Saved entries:
★ ★ ★ ★ ★

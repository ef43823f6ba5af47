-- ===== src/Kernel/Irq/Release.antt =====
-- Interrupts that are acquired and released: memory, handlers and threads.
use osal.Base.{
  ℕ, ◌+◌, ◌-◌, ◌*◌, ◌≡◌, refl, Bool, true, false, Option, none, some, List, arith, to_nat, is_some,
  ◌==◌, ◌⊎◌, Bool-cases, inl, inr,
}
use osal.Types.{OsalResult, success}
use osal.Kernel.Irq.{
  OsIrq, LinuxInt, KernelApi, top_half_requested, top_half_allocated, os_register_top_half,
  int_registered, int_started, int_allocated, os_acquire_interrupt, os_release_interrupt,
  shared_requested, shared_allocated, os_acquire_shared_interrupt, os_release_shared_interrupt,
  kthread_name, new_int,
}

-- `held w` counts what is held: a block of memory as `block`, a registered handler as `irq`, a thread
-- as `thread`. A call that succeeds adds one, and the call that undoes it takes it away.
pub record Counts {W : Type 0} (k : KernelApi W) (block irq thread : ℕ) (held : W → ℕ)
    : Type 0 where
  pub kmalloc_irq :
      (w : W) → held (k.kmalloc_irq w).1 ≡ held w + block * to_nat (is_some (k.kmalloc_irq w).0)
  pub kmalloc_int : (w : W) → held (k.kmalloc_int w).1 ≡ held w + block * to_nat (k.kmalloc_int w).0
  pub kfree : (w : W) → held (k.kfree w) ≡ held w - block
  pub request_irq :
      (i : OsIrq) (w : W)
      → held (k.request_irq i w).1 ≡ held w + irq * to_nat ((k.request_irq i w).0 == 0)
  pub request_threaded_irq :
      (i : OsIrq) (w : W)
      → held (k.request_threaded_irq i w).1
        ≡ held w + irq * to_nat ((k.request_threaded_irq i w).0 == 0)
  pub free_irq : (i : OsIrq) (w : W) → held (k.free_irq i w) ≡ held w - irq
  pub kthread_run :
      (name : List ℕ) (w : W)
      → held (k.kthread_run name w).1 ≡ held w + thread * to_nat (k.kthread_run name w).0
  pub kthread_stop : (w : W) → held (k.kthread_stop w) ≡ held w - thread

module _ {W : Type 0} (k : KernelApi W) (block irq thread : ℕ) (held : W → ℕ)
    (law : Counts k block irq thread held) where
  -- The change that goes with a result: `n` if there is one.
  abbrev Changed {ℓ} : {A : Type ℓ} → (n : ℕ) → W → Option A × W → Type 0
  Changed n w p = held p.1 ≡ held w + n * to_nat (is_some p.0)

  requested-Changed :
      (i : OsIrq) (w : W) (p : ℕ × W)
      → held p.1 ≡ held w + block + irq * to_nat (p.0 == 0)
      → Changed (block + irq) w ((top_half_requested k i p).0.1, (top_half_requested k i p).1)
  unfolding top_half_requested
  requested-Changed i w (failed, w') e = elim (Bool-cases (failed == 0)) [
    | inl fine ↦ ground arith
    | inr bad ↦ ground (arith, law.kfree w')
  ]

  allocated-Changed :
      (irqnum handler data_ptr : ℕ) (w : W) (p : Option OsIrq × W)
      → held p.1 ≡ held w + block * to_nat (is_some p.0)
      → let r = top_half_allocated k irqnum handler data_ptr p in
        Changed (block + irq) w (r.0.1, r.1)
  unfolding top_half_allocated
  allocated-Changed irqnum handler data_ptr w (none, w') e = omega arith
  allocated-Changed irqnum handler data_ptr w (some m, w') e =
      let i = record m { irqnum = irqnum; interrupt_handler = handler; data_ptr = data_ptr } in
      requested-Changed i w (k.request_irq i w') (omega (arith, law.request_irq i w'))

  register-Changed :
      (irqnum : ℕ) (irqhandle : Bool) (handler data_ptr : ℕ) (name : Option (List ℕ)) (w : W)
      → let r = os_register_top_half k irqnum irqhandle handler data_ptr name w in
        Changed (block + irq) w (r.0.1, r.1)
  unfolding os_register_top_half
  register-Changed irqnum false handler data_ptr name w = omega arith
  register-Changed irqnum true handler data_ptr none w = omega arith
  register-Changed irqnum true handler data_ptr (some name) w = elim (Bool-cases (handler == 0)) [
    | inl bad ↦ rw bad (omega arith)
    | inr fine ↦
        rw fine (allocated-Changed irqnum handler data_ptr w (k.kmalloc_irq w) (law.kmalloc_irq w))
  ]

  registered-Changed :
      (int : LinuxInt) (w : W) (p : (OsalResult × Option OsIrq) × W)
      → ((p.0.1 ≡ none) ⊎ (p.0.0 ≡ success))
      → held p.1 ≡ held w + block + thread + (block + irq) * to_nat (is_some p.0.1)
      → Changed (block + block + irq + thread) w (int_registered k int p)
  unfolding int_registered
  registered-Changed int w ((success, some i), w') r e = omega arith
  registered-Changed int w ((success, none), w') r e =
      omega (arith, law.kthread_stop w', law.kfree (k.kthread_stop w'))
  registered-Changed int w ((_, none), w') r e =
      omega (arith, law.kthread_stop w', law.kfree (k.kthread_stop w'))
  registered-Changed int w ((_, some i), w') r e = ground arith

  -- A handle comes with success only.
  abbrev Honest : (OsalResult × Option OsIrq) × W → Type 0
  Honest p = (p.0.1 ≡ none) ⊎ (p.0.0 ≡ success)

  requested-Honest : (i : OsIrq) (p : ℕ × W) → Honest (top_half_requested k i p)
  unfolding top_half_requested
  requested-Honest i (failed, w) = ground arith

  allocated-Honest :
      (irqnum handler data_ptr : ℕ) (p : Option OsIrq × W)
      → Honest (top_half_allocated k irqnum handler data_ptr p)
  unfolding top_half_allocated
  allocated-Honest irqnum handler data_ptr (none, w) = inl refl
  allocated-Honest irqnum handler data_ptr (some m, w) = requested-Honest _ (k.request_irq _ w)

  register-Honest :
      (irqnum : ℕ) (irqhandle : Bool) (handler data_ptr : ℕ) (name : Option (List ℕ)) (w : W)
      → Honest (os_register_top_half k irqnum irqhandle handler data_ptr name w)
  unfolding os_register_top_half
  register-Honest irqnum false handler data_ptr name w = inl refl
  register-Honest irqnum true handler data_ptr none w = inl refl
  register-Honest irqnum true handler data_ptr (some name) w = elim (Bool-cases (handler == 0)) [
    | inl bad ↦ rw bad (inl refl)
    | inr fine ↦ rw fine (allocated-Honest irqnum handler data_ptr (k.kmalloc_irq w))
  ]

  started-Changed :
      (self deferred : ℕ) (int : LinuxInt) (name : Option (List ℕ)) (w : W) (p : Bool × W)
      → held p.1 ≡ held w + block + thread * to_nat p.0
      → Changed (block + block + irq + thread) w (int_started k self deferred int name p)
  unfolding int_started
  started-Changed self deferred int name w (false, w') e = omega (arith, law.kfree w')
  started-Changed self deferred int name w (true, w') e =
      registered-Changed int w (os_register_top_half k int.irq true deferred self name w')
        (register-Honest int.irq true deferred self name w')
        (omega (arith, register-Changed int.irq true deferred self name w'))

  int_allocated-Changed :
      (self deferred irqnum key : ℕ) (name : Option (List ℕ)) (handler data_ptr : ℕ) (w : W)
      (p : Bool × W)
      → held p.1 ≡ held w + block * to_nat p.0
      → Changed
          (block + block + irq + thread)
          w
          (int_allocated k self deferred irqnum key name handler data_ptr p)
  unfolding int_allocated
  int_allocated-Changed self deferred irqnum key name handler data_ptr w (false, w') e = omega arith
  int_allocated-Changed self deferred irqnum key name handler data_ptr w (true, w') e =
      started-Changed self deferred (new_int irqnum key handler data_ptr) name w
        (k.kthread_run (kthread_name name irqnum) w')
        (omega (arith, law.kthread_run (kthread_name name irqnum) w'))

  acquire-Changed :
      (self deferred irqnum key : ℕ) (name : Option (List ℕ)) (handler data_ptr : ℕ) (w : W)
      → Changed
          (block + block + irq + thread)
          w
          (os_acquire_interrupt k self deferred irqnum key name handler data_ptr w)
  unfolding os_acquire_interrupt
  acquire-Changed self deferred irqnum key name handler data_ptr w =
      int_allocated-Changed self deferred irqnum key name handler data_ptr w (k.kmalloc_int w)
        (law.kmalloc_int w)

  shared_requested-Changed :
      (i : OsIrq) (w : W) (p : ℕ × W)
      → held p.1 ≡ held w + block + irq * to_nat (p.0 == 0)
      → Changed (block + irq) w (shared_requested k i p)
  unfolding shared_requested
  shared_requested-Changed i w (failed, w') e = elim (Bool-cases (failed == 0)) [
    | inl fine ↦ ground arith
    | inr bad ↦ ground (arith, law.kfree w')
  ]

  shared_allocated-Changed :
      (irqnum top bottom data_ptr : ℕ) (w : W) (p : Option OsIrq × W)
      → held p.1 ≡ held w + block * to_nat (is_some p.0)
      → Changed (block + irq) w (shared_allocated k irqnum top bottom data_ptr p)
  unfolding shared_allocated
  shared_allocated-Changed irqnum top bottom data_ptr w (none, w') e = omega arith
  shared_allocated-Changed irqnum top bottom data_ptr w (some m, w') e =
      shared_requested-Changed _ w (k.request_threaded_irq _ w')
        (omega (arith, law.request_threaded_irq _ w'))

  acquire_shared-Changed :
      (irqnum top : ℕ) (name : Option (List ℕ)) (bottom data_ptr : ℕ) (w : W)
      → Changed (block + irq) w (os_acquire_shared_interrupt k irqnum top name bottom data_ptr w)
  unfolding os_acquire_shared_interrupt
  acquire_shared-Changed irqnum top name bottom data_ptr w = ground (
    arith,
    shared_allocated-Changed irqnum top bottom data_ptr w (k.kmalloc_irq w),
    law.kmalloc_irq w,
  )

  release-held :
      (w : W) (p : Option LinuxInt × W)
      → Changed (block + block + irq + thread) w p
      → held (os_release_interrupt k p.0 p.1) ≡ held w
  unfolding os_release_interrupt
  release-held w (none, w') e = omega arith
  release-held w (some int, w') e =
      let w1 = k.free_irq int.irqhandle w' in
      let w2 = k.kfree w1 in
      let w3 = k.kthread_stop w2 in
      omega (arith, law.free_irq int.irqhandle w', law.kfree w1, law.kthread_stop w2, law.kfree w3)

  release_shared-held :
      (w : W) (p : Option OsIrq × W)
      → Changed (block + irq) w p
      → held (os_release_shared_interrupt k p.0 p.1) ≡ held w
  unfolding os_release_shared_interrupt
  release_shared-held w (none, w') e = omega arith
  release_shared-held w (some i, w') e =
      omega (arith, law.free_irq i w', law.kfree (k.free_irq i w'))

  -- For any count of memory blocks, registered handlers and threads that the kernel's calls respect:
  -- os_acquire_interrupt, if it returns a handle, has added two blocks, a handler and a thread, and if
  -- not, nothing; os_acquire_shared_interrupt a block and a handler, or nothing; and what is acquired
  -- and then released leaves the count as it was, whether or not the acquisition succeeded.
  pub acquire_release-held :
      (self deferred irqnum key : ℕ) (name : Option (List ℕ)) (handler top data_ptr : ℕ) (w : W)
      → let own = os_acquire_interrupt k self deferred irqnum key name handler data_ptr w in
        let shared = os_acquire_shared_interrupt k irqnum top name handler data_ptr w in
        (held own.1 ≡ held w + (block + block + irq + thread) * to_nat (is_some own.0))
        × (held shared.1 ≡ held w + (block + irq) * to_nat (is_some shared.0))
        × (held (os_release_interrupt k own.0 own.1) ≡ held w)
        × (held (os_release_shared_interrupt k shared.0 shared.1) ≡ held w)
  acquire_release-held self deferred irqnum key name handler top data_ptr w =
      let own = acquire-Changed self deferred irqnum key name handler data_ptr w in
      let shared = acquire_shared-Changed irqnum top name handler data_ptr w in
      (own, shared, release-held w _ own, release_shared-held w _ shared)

★ ★ ★ ★ ★

-- What is needed --
One inclusive range is required: first line of the data through the line containing "pub kthread_stop : (w". Set it down exactly and output nothing else.

-- Exercise answer --
repository ef43823f6ba5af47
-- ===== src/Kernel/Irq/Release.antt =====
-- Interrupts that are acquired and released: memory, handlers and threads.
use osal.Base.{
  ℕ, ◌+◌, ◌-◌, ◌*◌, ◌≡◌, refl, Bool, true, false, Option, none, some, List, arith, to_nat, is_some,
  ◌==◌, ◌⊎◌, Bool-cases, inl, inr,
}
use osal.Types.{OsalResult, success}
use osal.Kernel.Irq.{
  OsIrq, LinuxInt, KernelApi, top_half_requested, top_half_allocated, os_register_top_half,
  int_registered, int_started, int_allocated, os_acquire_interrupt, os_release_interrupt,
  shared_requested, shared_allocated, os_acquire_shared_interrupt, os_release_shared_interrupt,
  kthread_name, new_int,
}

-- `held w` counts what is held: a block of memory as `block`, a registered handler as `irq`, a thread
-- as `thread`. A call that succeeds adds one, and the call that undoes it takes it away.
pub record Counts {W : Type 0} (k : KernelApi W) (block irq thread : ℕ) (held : W → ℕ)
    : Type 0 where
  pub kmalloc_irq :
      (w : W) → held (k.kmalloc_irq w).1 ≡ held w + block * to_nat (is_some (k.kmalloc_irq w).0)
  pub kmalloc_int : (w : W) → held (k.kmalloc_int w).1 ≡ held w + block * to_nat (k.kmalloc_int w).0
  pub kfree : (w : W) → held (k.kfree w) ≡ held w - block
  pub request_irq :
      (i : OsIrq) (w : W)
      → held (k.request_irq i w).1 ≡ held w + irq * to_nat ((k.request_irq i w).0 == 0)
  pub request_threaded_irq :
      (i : OsIrq) (w : W)
      → held (k.request_threaded_irq i w).1
        ≡ held w + irq * to_nat ((k.request_threaded_irq i w).0 == 0)
  pub free_irq : (i : OsIrq) (w : W) → held (k.free_irq i w) ≡ held w - irq
  pub kthread_run :
      (name : List ℕ) (w : W)
      → held (k.kthread_run name w).1 ≡ held w + thread * to_nat (k.kthread_run name w).0
  pub kthread_stop : (w : W) → held (k.kthread_stop w) ≡ held w - thread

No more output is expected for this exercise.